Show all lines containing "that" from the data below.

• _Saved entries_
#####
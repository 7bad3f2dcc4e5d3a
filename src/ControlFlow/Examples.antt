-- ===== src/ControlFlow/Examples.antt =====
-- The theorems on the control flow graph at concrete inputs.
use fuzztest.Common.{
  Option, ℕ, ◌+◌, ◌-◌, ◌^◌, ◌≤◌, ◌<◌, ◌≡◌, ◌↔◌, ◌⊎◌, sym, ◌∙◌, zero, suc, refl, true, false, List,
  [], ◌∷◌, none, some, length, get_or, All, arith,
}
use fuzztest.Common.Abort.{done}
use fuzztest.Common.Maps.{find, is_in}
use fuzztest.ControlFlow.{
  CfTable, Graph, PcInfo, PcTable, ControlFlowGraph, empty_graph, has_func_entry_flag, read_list,
  graph_loop, graph_of_table, reach_loop, existing, get_successors, compute_reachability_for_pc,
  complexity_loop, compute_function_cyclomatic_complexity, initialize_control_flow_graph,
  get_pc_index, is_in_pc_table, block_is_function_entry, get_cyclomatic_complexity,
  lazy_get_reachability_for_pc, num_edges,
}
use fuzztest.ControlFlow.Table.{Block, IsBlock, words, last_successors, graph_of_table_lem}
use fuzztest.ControlFlow.Reachability.{Reach, compute_reachability_for_pc_lem}
use fuzztest.ControlFlow.Complexity.{out_edges, compute_function_cyclomatic_complexity_lem}
use fuzztest.ControlFlow.Lazy.{IsCached, with_reach, lazy_get_reachability_for_pc_lem}
use fuzztest.ControlFlow.Initialize.{initialize_control_flow_graph_lem}

-- A loop over the blocks 1, 2 and 3, which 4 leaves, and a function of one block that calls.
abbrev blocks : List Block
blocks =
    record { pc = 1; successors = 2 ∷ []; callees = [] }
    ∷ record { pc = 2; successors = 3 ∷ 4 ∷ []; callees = 9 ∷ [] }
    ∷ record { pc = 3; successors = 1 ∷ []; callees = [] }
    ∷ record { pc = 4; successors = 77 ∷ []; callees = [] }
    ∷ record { pc = 9; successors = []; callees = 1 ∷ [] }
    ∷ []

abbrev flow : CfTable
flow = 1 ∷ 2 ∷ 0 ∷ 0 ∷ 2 ∷ 3 ∷ 4 ∷ 0 ∷ 9 ∷ 0 ∷ 3 ∷ 1 ∷ 0 ∷ 0 ∷ 4 ∷ 77 ∷ 0 ∷ 0 ∷ 9 ∷ 0 ∷ 1 ∷ 0 ∷ []

abbrev graph : Graph
graph = (1, 2 ∷ []) ∷ (2, 3 ∷ 4 ∷ []) ∷ (3, 1 ∷ []) ∷ (4, 77 ∷ []) ∷ (9, []) ∷ []

abbrev pcs : PcTable
pcs =
    record { pc = 1; flags = 1 } ∷ record { pc = 3; flags = 0 } ∷ record { pc = 9; flags = 1 } ∷ []

flow-words : flow ≡ words blocks
unfolding words
flow-words = refl

flow-graph : graph_of_table flow [] ≡ some graph
unfolding graph_of_table graph_loop read_list
flow-graph = refl

-- A table that ends within the callees is read past its end.
cut_short : graph_of_table (1 ∷ 2 ∷ 0 ∷ 9 ∷ []) [] ≡ none
unfolding graph_of_table graph_loop read_list
cut_short = refl

reached : compute_reachability_for_pc graph 3 ≡ done (4 ∷ 2 ∷ 1 ∷ 3 ∷ [])
unfolding compute_reachability_for_pc reach_loop get_successors existing num_edges
reached = refl

-- Four edges between the four blocks of the loop, since 77 is no block.
loop_complexity : compute_function_cyclomatic_complexity graph 1 ≡ done 2
unfolding compute_function_cyclomatic_complexity complexity_loop get_successors existing num_edges
loop_complexity = refl

few_edges : num_edges graph + 2 < 2 ^ 32
unfolding num_edges
few_edges = omega arith

no_info : PcInfo
no_info = record { pc = 0; flags = 0 }

compute_reachability_for_pc_lem_example :
    (r : List ℕ) × (compute_reachability_for_pc graph 3 ≡ done r)
    × ((v : ℕ) → (is_in v r ≡ true) ↔ ∥ Reach graph 3 v ∥₁)
compute_reachability_for_pc_lem_example = compute_reachability_for_pc_lem graph 3 refl

compute_function_cyclomatic_complexity_lem_example :
    (r : List ℕ) × (compute_reachability_for_pc graph 1 ≡ done r)
    × (compute_function_cyclomatic_complexity graph 1 ≡ done (out_edges graph r + 2 - length r))
    × (1 ≤ out_edges graph r + 2 - length r)
compute_function_cyclomatic_complexity_lem_example =
    compute_function_cyclomatic_complexity_lem graph 1 refl few_edges

abbrev one_entry : ControlFlowGraph
one_entry = record {
  pc_index_map = (3, 0) ∷ [];
  func_entries = false ∷ [];
  graph = graph;
  function_complexities = [];
  reachability = none ∷ [];
}

none_kept : (i : ℕ) → get_or one_entry.reachability i none ≡ none
none_kept zero = refl
none_kept (suc i) = refl

one_entry-IsCached : IsCached one_entry
one_entry-IsCached = record {
  sized = refl;
  in_range = λ pc i e. ground arith;
  apart = λ pc pc' i e f. ground arith;
  right = λ pc i r e f. absurd (let q = sym (none_kept i) ∙ f in cc);
}

lazy_get_reachability_for_pc_lem_example :
    (r : List ℕ) × (reach : List (Option (List ℕ))) × (lazy_get_reachability_for_pc one_entry 3
      ≡ done (r, with_reach one_entry reach))
    × (compute_reachability_for_pc graph 3 ≡ done r)
    × IsCached (with_reach one_entry reach)
    × (lazy_get_reachability_for_pc (with_reach one_entry reach) 3
        ≡ done (r, with_reach one_entry reach))
unfolding is_in_pc_table
lazy_get_reachability_for_pc_lem_example =
    lazy_get_reachability_for_pc_lem one_entry 3 one_entry-IsCached refl refl

initialize_control_flow_graph_lem_example :
    (c : ControlFlowGraph) × (initialize_control_flow_graph flow pcs empty_graph ≡ done c)
    × (c.graph ≡ graph)
    × IsCached c
    × ((i : ℕ)
        → i < length pcs
        → (get_pc_index c (get_or pcs i no_info).pc ≡ done i)
          × (block_is_function_entry c i ≡ has_func_entry_flag (get_or pcs i no_info))
          × (has_func_entry_flag (get_or pcs i no_info) ≡ true
              → get_cyclomatic_complexity c (get_or pcs i no_info).pc
                ≡ compute_function_cyclomatic_complexity graph (get_or pcs i no_info).pc))
    × ((i : ℕ) → length pcs ≤ i → block_is_function_entry c i ≡ false)
    × ((pc i : ℕ)
        → find pc c.pc_index_map ≡ some i
        → (i < length pcs) × ((get_or pcs i no_info).pc ≡ pc))
initialize_control_flow_graph_lem_example =
    initialize_control_flow_graph_lem flow pcs graph no_info (omega arith) flow-graph (omega arith)
      (refl, (refl, (refl, tt))) (λ e. refl, (λ e. refl, (λ e. refl, tt))) few_edges

graph_of_table_lem_example :
    ((graph_of_table flow [] ≡ none) ⊎ ((bs : List Block) × (flow ≡ words bs) × All IsBlock bs))
    × ((bs : List Block)
        → flow ≡ words bs
        → All IsBlock bs
        → (g' : Graph) × (graph_of_table flow [] ≡ some g')
          × ((pc : ℕ)
              → find pc g'
                ≡ elim (last_successors pc bs) [ some successors ↦ some successors | none ↦ none ]))
graph_of_table_lem_example = graph_of_table_lem flow []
#####
• _Answer area_
-- A loop over the blocks 1, 2 and 3, which 4 leaves, and a function of one block that calls.
-- A table that ends within the callees is read past its end.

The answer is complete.